=== Section Start ===

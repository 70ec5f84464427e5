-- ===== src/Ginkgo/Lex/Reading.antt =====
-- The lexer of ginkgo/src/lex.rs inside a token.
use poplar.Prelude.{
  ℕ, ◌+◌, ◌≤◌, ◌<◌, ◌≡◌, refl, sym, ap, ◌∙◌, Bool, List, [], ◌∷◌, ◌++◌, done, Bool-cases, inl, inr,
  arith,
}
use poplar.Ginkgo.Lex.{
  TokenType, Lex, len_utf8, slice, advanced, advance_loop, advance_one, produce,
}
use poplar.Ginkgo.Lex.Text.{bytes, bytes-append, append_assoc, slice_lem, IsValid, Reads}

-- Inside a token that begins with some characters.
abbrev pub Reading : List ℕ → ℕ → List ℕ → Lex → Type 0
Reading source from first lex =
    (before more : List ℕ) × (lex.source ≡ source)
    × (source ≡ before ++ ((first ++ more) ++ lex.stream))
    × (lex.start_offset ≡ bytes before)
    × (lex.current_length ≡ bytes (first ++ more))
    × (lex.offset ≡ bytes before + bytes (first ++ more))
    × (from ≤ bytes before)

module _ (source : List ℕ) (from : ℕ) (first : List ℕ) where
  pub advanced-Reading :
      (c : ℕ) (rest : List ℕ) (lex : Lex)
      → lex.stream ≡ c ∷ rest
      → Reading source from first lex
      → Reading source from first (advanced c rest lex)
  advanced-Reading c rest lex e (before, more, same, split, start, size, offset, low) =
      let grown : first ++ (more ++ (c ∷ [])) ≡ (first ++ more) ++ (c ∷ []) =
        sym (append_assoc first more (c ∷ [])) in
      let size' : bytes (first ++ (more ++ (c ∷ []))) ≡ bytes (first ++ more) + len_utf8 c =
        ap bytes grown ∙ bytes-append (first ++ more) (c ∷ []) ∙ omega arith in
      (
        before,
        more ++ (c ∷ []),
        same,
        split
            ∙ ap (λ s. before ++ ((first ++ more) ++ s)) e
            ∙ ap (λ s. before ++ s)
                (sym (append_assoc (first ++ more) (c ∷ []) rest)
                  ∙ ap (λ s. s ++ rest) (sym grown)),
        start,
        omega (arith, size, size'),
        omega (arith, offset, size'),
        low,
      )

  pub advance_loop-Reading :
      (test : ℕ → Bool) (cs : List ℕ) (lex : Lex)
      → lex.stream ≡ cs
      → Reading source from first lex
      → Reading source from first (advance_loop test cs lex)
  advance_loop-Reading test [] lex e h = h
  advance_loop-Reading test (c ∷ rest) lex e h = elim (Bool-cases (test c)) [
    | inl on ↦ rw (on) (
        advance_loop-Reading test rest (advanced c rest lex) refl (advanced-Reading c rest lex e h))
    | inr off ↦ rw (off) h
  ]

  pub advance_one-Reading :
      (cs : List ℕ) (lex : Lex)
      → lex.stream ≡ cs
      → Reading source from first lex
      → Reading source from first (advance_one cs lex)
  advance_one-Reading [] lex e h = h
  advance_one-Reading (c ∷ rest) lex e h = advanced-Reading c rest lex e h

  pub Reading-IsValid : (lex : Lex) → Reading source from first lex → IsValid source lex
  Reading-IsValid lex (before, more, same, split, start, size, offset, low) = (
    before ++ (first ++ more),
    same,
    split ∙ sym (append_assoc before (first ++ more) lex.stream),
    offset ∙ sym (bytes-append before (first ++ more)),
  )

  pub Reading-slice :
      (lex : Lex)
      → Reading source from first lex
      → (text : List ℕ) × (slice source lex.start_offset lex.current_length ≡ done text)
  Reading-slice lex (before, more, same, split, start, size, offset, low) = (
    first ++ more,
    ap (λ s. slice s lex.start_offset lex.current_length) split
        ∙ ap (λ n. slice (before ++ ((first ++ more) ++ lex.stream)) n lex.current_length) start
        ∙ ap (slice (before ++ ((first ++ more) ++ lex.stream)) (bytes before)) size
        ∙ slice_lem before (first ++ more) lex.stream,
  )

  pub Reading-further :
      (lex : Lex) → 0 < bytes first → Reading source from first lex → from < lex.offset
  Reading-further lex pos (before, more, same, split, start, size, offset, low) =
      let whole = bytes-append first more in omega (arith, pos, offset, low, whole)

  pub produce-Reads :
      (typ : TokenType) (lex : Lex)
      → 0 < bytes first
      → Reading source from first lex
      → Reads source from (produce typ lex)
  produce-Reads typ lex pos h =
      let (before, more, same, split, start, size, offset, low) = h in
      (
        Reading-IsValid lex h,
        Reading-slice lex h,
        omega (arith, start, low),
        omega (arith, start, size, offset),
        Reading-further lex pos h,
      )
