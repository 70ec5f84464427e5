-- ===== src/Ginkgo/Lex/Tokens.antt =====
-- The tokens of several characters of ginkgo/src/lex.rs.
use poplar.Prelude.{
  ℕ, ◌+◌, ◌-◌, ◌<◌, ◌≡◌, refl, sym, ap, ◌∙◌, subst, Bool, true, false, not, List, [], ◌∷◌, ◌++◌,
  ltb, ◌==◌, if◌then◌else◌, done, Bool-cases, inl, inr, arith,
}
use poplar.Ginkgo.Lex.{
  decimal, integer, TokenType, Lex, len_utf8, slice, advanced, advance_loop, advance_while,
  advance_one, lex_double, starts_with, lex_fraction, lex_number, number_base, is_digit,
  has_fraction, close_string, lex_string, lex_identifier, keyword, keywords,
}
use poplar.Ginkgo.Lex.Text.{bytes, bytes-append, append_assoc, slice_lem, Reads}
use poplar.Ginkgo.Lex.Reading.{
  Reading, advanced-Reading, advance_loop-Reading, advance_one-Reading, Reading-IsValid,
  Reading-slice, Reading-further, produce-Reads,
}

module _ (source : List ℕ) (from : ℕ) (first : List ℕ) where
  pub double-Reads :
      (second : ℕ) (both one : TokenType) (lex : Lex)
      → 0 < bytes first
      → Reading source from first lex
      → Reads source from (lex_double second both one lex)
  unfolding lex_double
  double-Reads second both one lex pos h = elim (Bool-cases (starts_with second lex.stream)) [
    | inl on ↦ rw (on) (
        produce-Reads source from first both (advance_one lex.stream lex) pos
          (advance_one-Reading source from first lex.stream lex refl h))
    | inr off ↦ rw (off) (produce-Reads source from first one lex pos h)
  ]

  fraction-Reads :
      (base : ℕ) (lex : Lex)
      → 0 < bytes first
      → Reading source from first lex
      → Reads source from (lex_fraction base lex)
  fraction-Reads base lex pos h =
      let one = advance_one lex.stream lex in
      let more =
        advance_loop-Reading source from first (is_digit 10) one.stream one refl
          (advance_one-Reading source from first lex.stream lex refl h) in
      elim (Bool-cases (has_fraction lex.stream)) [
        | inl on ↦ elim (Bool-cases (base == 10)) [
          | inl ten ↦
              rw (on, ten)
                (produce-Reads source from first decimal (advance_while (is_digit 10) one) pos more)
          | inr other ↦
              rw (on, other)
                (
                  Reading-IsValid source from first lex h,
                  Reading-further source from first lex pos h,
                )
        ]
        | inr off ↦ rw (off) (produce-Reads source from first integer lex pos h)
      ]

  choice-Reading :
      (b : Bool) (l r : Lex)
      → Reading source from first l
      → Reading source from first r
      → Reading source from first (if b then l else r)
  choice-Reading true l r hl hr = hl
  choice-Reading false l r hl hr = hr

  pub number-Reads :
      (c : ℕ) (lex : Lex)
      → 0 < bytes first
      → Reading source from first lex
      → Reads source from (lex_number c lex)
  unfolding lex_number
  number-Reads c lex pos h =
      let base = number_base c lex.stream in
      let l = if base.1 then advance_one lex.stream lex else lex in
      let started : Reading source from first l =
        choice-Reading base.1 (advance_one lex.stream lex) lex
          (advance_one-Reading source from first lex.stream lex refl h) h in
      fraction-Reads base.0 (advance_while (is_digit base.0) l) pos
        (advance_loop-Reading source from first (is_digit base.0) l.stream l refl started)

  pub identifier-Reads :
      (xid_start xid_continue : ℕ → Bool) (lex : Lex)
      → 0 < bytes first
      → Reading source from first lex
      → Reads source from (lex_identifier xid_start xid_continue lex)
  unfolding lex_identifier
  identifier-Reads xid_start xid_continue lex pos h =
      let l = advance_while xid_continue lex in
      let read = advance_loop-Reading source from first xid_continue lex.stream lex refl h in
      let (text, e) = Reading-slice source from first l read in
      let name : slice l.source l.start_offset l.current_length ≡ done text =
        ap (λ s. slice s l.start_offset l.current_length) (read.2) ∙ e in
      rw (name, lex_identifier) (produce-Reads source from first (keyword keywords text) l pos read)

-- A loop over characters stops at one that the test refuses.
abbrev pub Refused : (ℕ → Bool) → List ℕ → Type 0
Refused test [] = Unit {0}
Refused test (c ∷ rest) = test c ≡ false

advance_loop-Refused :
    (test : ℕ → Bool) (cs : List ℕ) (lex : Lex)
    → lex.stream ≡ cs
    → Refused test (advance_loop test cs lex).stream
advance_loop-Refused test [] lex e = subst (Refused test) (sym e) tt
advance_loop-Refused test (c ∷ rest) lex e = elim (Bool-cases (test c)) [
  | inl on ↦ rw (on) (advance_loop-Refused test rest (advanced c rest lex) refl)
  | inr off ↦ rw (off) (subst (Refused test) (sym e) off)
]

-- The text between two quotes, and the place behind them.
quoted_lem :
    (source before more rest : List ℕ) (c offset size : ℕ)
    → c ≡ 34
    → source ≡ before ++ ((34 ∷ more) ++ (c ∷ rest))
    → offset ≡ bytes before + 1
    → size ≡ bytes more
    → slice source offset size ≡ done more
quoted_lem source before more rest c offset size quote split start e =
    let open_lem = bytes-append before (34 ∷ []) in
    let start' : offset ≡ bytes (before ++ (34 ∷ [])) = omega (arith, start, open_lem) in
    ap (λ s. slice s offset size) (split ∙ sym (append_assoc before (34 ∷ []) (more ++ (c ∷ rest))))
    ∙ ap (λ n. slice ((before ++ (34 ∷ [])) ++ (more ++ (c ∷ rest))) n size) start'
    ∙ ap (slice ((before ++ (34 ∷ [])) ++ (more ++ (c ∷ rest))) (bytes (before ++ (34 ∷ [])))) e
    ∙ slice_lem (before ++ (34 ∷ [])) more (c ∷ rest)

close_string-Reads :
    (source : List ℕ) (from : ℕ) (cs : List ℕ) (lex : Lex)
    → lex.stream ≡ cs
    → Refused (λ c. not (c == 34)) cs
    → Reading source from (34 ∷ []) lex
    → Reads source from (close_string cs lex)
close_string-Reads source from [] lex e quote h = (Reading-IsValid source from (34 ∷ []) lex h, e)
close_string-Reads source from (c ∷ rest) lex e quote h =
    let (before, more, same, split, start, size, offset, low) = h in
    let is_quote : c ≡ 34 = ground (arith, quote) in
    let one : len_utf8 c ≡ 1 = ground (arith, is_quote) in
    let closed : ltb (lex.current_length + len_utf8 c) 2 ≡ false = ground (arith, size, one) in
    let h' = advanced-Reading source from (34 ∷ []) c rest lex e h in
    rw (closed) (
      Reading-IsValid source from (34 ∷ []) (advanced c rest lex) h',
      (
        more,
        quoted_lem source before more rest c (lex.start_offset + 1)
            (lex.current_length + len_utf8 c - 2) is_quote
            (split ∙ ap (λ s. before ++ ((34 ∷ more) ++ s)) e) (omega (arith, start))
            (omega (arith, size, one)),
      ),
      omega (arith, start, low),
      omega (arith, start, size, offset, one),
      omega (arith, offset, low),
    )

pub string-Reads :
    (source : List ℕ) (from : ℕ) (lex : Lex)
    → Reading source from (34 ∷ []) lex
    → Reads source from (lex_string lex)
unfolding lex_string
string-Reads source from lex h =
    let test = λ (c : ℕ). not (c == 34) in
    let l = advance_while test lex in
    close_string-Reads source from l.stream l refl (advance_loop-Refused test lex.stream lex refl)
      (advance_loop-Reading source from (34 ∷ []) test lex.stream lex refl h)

=== Section End ===

Task requirements - Where a line in the records above includes the string "then", show it.

Expected answer -
  ltb, ◌==◌, if◌then◌else◌, done, Bool-cases, inl, inr, arith,
      → Reading source from first (if b then l else r)
      let l = if base.1 then advance_one lex.stream lex else lex in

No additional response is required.